Personal information
- Full name: Kenneth Scott Arena
- Date of birth: February 6, 1981 (age 45)
- Place of birth: Charlottesville, Virginia, United States
- Height: 6 ft 2 in (1.88 m)
- Position: Defender

Team information
- Current team: FC Cincinnati (assistant)

College career
- Years: Team / Apps / (Gls)
- 1999–2002: Virginia Cavaliers

Senior career*
- Years: Team / Apps / (Gls)
- 2003–2004: MetroStars / 20 / (1)
- 2005: D.C. United / 0 / (0)

International career
- 2000–2001: United States U20 / 24 / (1)

Managerial career
- 2006: Virginia Cavaliers (assistant)
- 2007: George Mason Patriots (assistant)
- 2008–2011: UCLA Bruins (assistant)
- 2012–2013: FIU Panthers
- 2014–2016: LA Galaxy (assistant)
- 2017: United States (assistant)
- 2018–2021: Los Angeles FC (assistant)
- 2022–: FC Cincinnati (assistant)

= Kenny Arena =

American former soccer defender

Kenneth Scott Arena (born February 6, 1981) is an American former soccer defender who is currently an assistant coach for FC Cincinnati. Arena is the son of former New England Revolution and United States coach Bruce Arena.

==Player==
Arena attended the University of Virginia, playing on the men's soccer team from 1999 to 2002. Arena played for the United States U-20 men's national soccer team at the 2001 FIFA World Youth Championship. On January 17, 2003, the MetroStars selected Arena in the fourth round (32nd overall) in the 2003 MLS SuperDraft. He spent two seasons with the MetroStars before being traded to D.C. United in exchange for a third round selection in the 2005 Supplemental Draft.
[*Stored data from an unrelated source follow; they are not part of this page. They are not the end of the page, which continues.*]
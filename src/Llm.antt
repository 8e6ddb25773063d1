-- ===== src/Llm.antt =====
-- Calls of language models (backend/integrations/llm): the input budget and the failover.
pub mod Budget
pub mod Failover
pub mod Extraction
pub mod Structured
pub mod Tests
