-- ===== src/Llm/Budget.antt =====
-- The input budget of backend/integrations/llm/budget.py. `dump_length` is how long `json.dumps` writes
-- a value that is no text; characters per token are given in tenths.
pub mod Fits
pub mod Reports
use soc_one.Base.{
  ℕ, zero, suc, ◌+◌, ◌-◌, ◌*◌, ◌/◌, ◌≤◌, ◌<◌, Bool, true, false, not, Option, none, some, List, [],
  ◌∷◌, ◌++◌, String, str_eq, ◌==◌, leb, ltb, if◌then◌else◌, length, take,
}
use soc_one.Base.Sort.{sort_by}

-- A tier's value: a text, a list of JSON values, or another JSON value.
pub data Value (A : Type 0) : Type 0 where
  text : String → Value A
  list : List A → Value A
  other : A → Value A

pub record PayloadTier (A : Type 0) : Type 0 where
  pub name : String
  pub order : ℕ
  pub value : Value A
  pub truncatable : Bool

pub data Notice : Type 0 where
  truncated : String → ℕ → ℕ → Notice
  dropped : String → Notice

pub record BudgetResult (A : Type 0) : Type 0 where
  pub payload : List (String × Value A)
  pub trimmed_tiers : List Notice
  pub estimated_tokens : ℕ

abbrev text_length : String → ℕ
text_length String.[] = 0
text_length (String.◌∷◌ c s) = suc (text_length s)

module _ {A : Type 0} where
  -- `payload[name] = value`
  unfoldable pub put : String → Value A → List (String × Value A) → List (String × Value A)
  put name v [] = (name, v) ∷ []
  put name v (e ∷ payload) = if str_eq e.0 name then (name, v) ∷ payload else e ∷ put name v payload

  unfoldable pub get : String → List (String × Value A) → Option (Value A)
  get name [] = none
  get name (e ∷ payload) = if str_eq e.0 name then some e.1 else get name payload

module _ {A : Type 0} (dump_length : Value A → ℕ) (chars_per_token : ℕ) where
  -- `int(len(text) / chars_per_token) + 1`
  unfoldable pub estimate_tokens : Value A → ℕ
  estimate_tokens (text s) = 10 * text_length s / chars_per_token + 1
  estimate_tokens (list xs) = 10 * dump_length (list xs) / chars_per_token + 1
  estimate_tokens (other a) = 10 * dump_length (other a) / chars_per_token + 1

  -- The `while keep > 0` loop: the first of the halved lengths that fits.
  unfoldable pub shorten : ℕ → ℕ → List A → ℕ → ℕ → Option ℕ
  shorten zero keep items used available = none
  shorten (suc fuel) keep items used available =
      let rest = shorten fuel (keep / 2) items used available in
      if keep == 0
      then none
      else if leb (used + estimate_tokens (list (take keep items))) available
      then some keep
      else rest

  unfoldable pub shorten_value : Bool → Value A → ℕ → ℕ → Option (ℕ × List A)
  unfolding shorten
  shorten_value truncatable (text s) used available = none
  shorten_value truncatable (other a) used available = none
  shorten_value truncatable (list items) used available =
      if truncatable
      then elim (shorten (length items / 2) (length items / 2) items used available) [
        | none ↦ none
        | some keep ↦ some (keep, items)
      ]
      else none

  -- One round of the loop over the tiers.
  unfoldable pub place : ℕ → PayloadTier A → BudgetResult A → BudgetResult A
  unfolding shorten_value put estimate_tokens
  place available tier state =
      if leb (state.estimated_tokens + estimate_tokens tier.value) available
      then record state {
        payload = put tier.name tier.value state.payload;
        estimated_tokens = state.estimated_tokens + estimate_tokens tier.value;
      }
      else elim (shorten_value tier.truncatable tier.value state.estimated_tokens available) [
        | none ↦ record state { trimmed_tiers = state.trimmed_tiers ++ dropped tier.name ∷ [] }
        | some (keep, items) ↦ record {
          payload = put tier.name (list (take keep items)) state.payload;
          trimmed_tiers = state.trimmed_tiers ++ truncated tier.name keep (length items) ∷ [];
          estimated_tokens = state.estimated_tokens + estimate_tokens (list (take keep items));
        }
      ]

  unfoldable pub place_all : ℕ → List (PayloadTier A) → BudgetResult A → BudgetResult A
  place_all available [] state = state
  place_all available (tier ∷ tiers) state = place_all available tiers (place available tier state)

  abbrev pub ordered : List (PayloadTier A) → List (PayloadTier A)
  ordered tiers = sort_by (λ a b. leb a.order b.order) tiers

  abbrev pub nothing : BudgetResult A
  nothing = record { payload = []; trimmed_tiers = []; estimated_tokens = 0 }

  -- `none` is the `ValueError` for a window that the output and the prompt fill.
  unfoldable pub apply_budget : List (PayloadTier A) → ℕ → ℕ → Option (BudgetResult A)
  apply_budget tiers context_window_tokens max_output_tokens =
      if leb context_window_tokens (max_output_tokens + 1500)
      then none
      else some
          (place_all (context_window_tokens - max_output_tokens - 1500) (ordered tiers) nothing)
He played one season with United and was released on December 31, 2005.

==Coach==
Arena served as a volunteer assistant coach with the University of Virginia for the 2006 season and helped lead the Cavaliers to the NCAA Division I Men's Soccer semifinals. On April 2, 2007, Kenny was hired as an assistant coach at George Mason University where he was responsible for player development, recruiting and scheduling. On February 6, 2008, Arena was hired as an assistant coach by UCLA.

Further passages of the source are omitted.